[Stored items]
-------------------------

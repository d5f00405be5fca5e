-- ===== src/Lexer/Moves.antt =====
-- What the scanner of lexer.go consumes, and how `line` and `column` follow it.
use edifact_parser.Base.{
  ℕ, zero, suc, ◌+◌, ◌≤◌, Bool, true, false, not, ◌&&◌, List, [], ◌∷◌, ◌++◌, ◌≡◌, refl, ap, sym,
  ◌∙◌, inl, inr, arith, append_assoc, append-nil, Bytes, length, take_while, drop_while, ◌==◌,
  if◌then◌else◌, Bool-cases,
}
use edifact_parser.Lexer.{
  Lexer, advance, rounds, skip_loop, tag_loop, is_whitespace, is_alphanumeric,
  skip_inter_segment_whitespace,
}
use edifact_parser.Lexer.Stream.{view, view-advance, view-eof, view-le-rounds}

abbrev pub line_after : ℕ → Bytes → ℕ
line_after n [] = n
line_after n (c ∷ cs) = line_after (if c == b'\n' then n + 1 else n) cs

abbrev pub column_after : ℕ → Bytes → ℕ
column_after n [] = n
column_after n (c ∷ cs) = column_after (if c == b'\n' then 1 else n + 1) cs

-- From `l` to `m` the scanner steps over the bytes `taken`.
pub record Moves (l m : Lexer) (taken : Bytes) : Type 0 where
  pub consumed : view l ≡ taken ++ view m
  pub same_delimiters : m.delimiters ≡ l.delimiters
  pub line_at : m.line ≡ line_after l.line taken
  pub column_at : m.column ≡ column_after l.column taken

-- The two flags that only whole tokens change.
pub record SameFlags (l m : Lexer) : Type 0 where
  pub same_after : m.after_segment_end ≡ l.after_segment_end
  pub same_start : m.at_segment_start ≡ l.at_segment_start

pub Moves-refl : (l : Lexer) → Moves l l []
Moves-refl l = record { consumed = refl; same_delimiters = refl; line_at = refl; column_at = refl }

pub Moves-advance : (l : Lexer) → (l.current == 0) ≡ false → Moves l (advance l) (l.current ∷ [])
Moves-advance l h = record {
  consumed = view-advance l h;
  same_delimiters = unfold advance in ground arith;
  line_at = unfold advance in ground arith;
  column_at = unfold advance in ground arith;
}

pub SameFlags-refl : (l : Lexer) → SameFlags l l
SameFlags-refl l = record { same_after = refl; same_start = refl }

pub SameFlags-advance : (l : Lexer) → SameFlags l (advance l)
unfolding advance
SameFlags-advance l = ground arith

pub SameFlags-trans : {l m k : Lexer} → SameFlags l m → SameFlags m k → SameFlags l k
SameFlags-trans a b = record {
  same_after = b.same_after ∙ a.same_after;
  same_start = b.same_start ∙ a.same_start;
}

pub line_after-append :
    (n : ℕ) (xs ys : Bytes) → line_after n (xs ++ ys) ≡ line_after (line_after n xs) ys
line_after-append n [] ys = refl
line_after-append n (x ∷ xs) ys = line_after-append (if x == b'\n' then n + 1 else n) xs ys

pub column_after-append :
    (n : ℕ) (xs ys : Bytes) → column_after n (xs ++ ys) ≡ column_after (column_after n xs) ys
column_after-append n [] ys = refl
column_after-append n (x ∷ xs) ys = column_after-append (if x == b'\n' then 1 else n + 1) xs ys

pub Moves-trans :
    {l m k : Lexer} {xs ys : Bytes} → Moves l m xs → Moves m k ys → Moves l k (xs ++ ys)
Moves-trans {l} {m} {k} {xs} {ys} a b = record {
  consumed = a.consumed ∙ ap (λ t. xs ++ t) b.consumed ∙ sym (append_assoc xs ys (view k));
  same_delimiters = b.same_delimiters ∙ a.same_delimiters;
  line_at = b.line_at ∙ ap (λ n. line_after n ys) a.line_at ∙ sym (line_after-append l.line xs ys);
  column_at =
      b.column_at
      ∙ ap (λ n. column_after n ys) a.column_at
      ∙ sym (column_after-append l.column xs ys);
}

pub eq-nil-of-length : {A : Type 0} (xs : List A) (n : ℕ) → length xs ≤ n → n ≡ 0 → xs ≡ []
eq-nil-of-length [] n h e = refl
eq-nil-of-length (x ∷ xs) n h e = absurd (omega arith)

-- A loop that steps while `p` holds takes the longest run of such bytes, and stops behind it.
pub record Takes (p : ℕ → Bool) (l m : Lexer) : Type 0 where
  pub moves : Moves l m (take_while p (view l))
  pub stops : view m ≡ drop_while p (view l)
  pub flags : SameFlags l m

module _ (p : ℕ → Bool) where
  view-stop :
      (l : Lexer)
      → (not (l.current == 0) && p l.current) ≡ false
      → (take_while p (view l) ≡ []) × (drop_while p (view l) ≡ view l)
  unfolding take_while drop_while
  view-stop l h = ground (arith, view-eof l, view-advance l)

  view-go :
      (l : Lexer)
      → (not (l.current == 0) && p l.current) ≡ true
      → ((l.current == 0) ≡ false)
        × (take_while p (view l) ≡ l.current ∷ take_while p (view (advance l)))
        × (drop_while p (view l) ≡ drop_while p (view (advance l)))
  unfolding take_while drop_while
  view-go l h = ground (arith, view-advance l)

  pub Takes-stop : (l : Lexer) → (not (l.current == 0) && p l.current) ≡ false → Takes p l l
  Takes-stop l h = record {
    moves = rw ((view-stop l h).0) (Moves-refl l);
    stops = sym (view-stop l h).1;
    flags = SameFlags-refl l;
  }

  pub Takes-go :
      (l m : Lexer)
      → (not (l.current == 0) && p l.current) ≡ true
      → Takes p (advance l) m
      → Takes p l m
  Takes-go l m h t =
      let (live, taken, rest) = view-go l h in
      record {
        moves = rw taken (Moves-trans (Moves-advance l live) t.moves);
        stops = t.stops ∙ sym rest;
        flags = SameFlags-trans (SameFlags-advance l) t.flags;
      }

  -- With no byte to read the test of such a loop fails.
  pub view-stuck : (l : Lexer) → length (view l) ≤ 0 → (not (l.current == 0) && p l.current) ≡ false
  view-stuck l h = ground (arith, view-advance l)

  pub view-shrinks :
      (l : Lexer) (n : ℕ)
      → (not (l.current == 0) && p l.current) ≡ true
      → length (view l) ≤ suc n
      → length (view (advance l)) ≤ n
  view-shrinks l n h e = ground (arith, view-advance l)

skip_loop-Takes : (n : ℕ) (l : Lexer) → length (view l) ≤ n → Takes is_whitespace l (skip_loop n l)
unfolding skip_loop
skip_loop-Takes zero l h = Takes-stop is_whitespace l (view-stuck is_whitespace l h)
skip_loop-Takes (suc n) l h = elim (Bool-cases (not (l.current == 0) && is_whitespace l.current)) [
  | inl go ↦
      rw (go, skip_loop)
        (Takes-go is_whitespace l _ go
          (skip_loop-Takes n (advance l) (view-shrinks is_whitespace l n go h)))
  | inr stop ↦ rw (stop, skip_loop) (Takes-stop is_whitespace l stop)
]

pub skip-Takes : (l : Lexer) → Takes is_whitespace l (skip_inter_segment_whitespace l)
unfolding skip_inter_segment_whitespace
skip-Takes l = skip_loop-Takes (rounds l) l (view-le-rounds l)

pub record TagRead (l : Lexer) (buf : Bytes) (r : Bytes × Lexer) : Type 0 where
  pub takes : Takes is_alphanumeric l r.1
  pub text : r.0 ≡ buf ++ take_while is_alphanumeric (view l)

pub tag_loop-TagRead :
    (n : ℕ) (l : Lexer) (buf : Bytes) → length (view l) ≤ n → TagRead l buf (tag_loop n l buf)
unfolding tag_loop
tag_loop-TagRead zero l buf h =
    let stop = view-stuck is_alphanumeric l h in
    record {
      takes = Takes-stop is_alphanumeric l stop;
      text = rw (view-stop is_alphanumeric l stop).0 (sym (append-nil buf));
    }
tag_loop-TagRead (suc n) l buf h =
    elim (Bool-cases (not (l.current == 0) && is_alphanumeric l.current)) [
      | inl go ↦
          let ih =
            tag_loop-TagRead n (advance l) (buf ++ l.current ∷ [])
              (view-shrinks is_alphanumeric l n go h) in
          rw (go, tag_loop)
            (record {
              takes = Takes-go is_alphanumeric l _ go ih.takes;
              text = ih.text ∙ rw (append_assoc, (view-go is_alphanumeric l go).1);
            })
      | inr stop ↦
          rw (stop, tag_loop)
            (record {
              takes = Takes-stop is_alphanumeric l stop;
              text = rw (view-stop is_alphanumeric l stop).0 (sym (append-nil buf));
            })
    ]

-------------------------

Reproduce only the lines above, starting at the line with "pub stops : view m ≡ drop_while p (view l)" and ending at the line with "(view l) ≤ suc n", exactly as written.

  pub stops : view m ≡ drop_while p (view l)
  pub flags : SameFlags l m

module _ (p : ℕ → Bool) where
  view-stop :
      (l : Lexer)
      → (not (l.current == 0) && p l.current) ≡ false
      → (take_while p (view l) ≡ []) × (drop_while p (view l) ≡ view l)
  unfolding take_while drop_while
  view-stop l h = ground (arith, view-eof l, view-advance l)

  view-go :
      (l : Lexer)
      → (not (l.current == 0) && p l.current) ≡ true
      → ((l.current == 0) ≡ false)
        × (take_while p (view l) ≡ l.current ∷ take_while p (view (advance l)))
        × (drop_while p (view l) ≡ drop_while p (view (advance l)))
  unfolding take_while drop_while
  view-go l h = ground (arith, view-advance l)

  pub Takes-stop : (l : Lexer) → (not (l.current == 0) && p l.current) ≡ false → Takes p l l
  Takes-stop l h = record {
    moves = rw ((view-stop l h).0) (Moves-refl l);
    stops = sym (view-stop l h).1;
    flags = SameFlags-refl l;
  }

  pub Takes-go :
      (l m : Lexer)
      → (not (l.current == 0) && p l.current) ≡ true
      → Takes p (advance l) m
      → Takes p l m
  Takes-go l m h t =
      let (live, taken, rest) = view-go l h in
      record {
        moves = rw taken (Moves-trans (Moves-advance l live) t.moves);
        stops = t.stops ∙ sym rest;
        flags = SameFlags-trans (SameFlags-advance l) t.flags;
      }

  -- With no byte to read the test of such a loop fails.
  pub view-stuck : (l : Lexer) → length (view l) ≤ 0 → (not (l.current == 0) && p l.current) ≡ false
  view-stuck l h = ground (arith, view-advance l)

  pub view-shrinks :
      (l : Lexer) (n : ℕ)
      → (not (l.current == 0) && p l.current) ≡ true
      → length (view l) ≤ suc n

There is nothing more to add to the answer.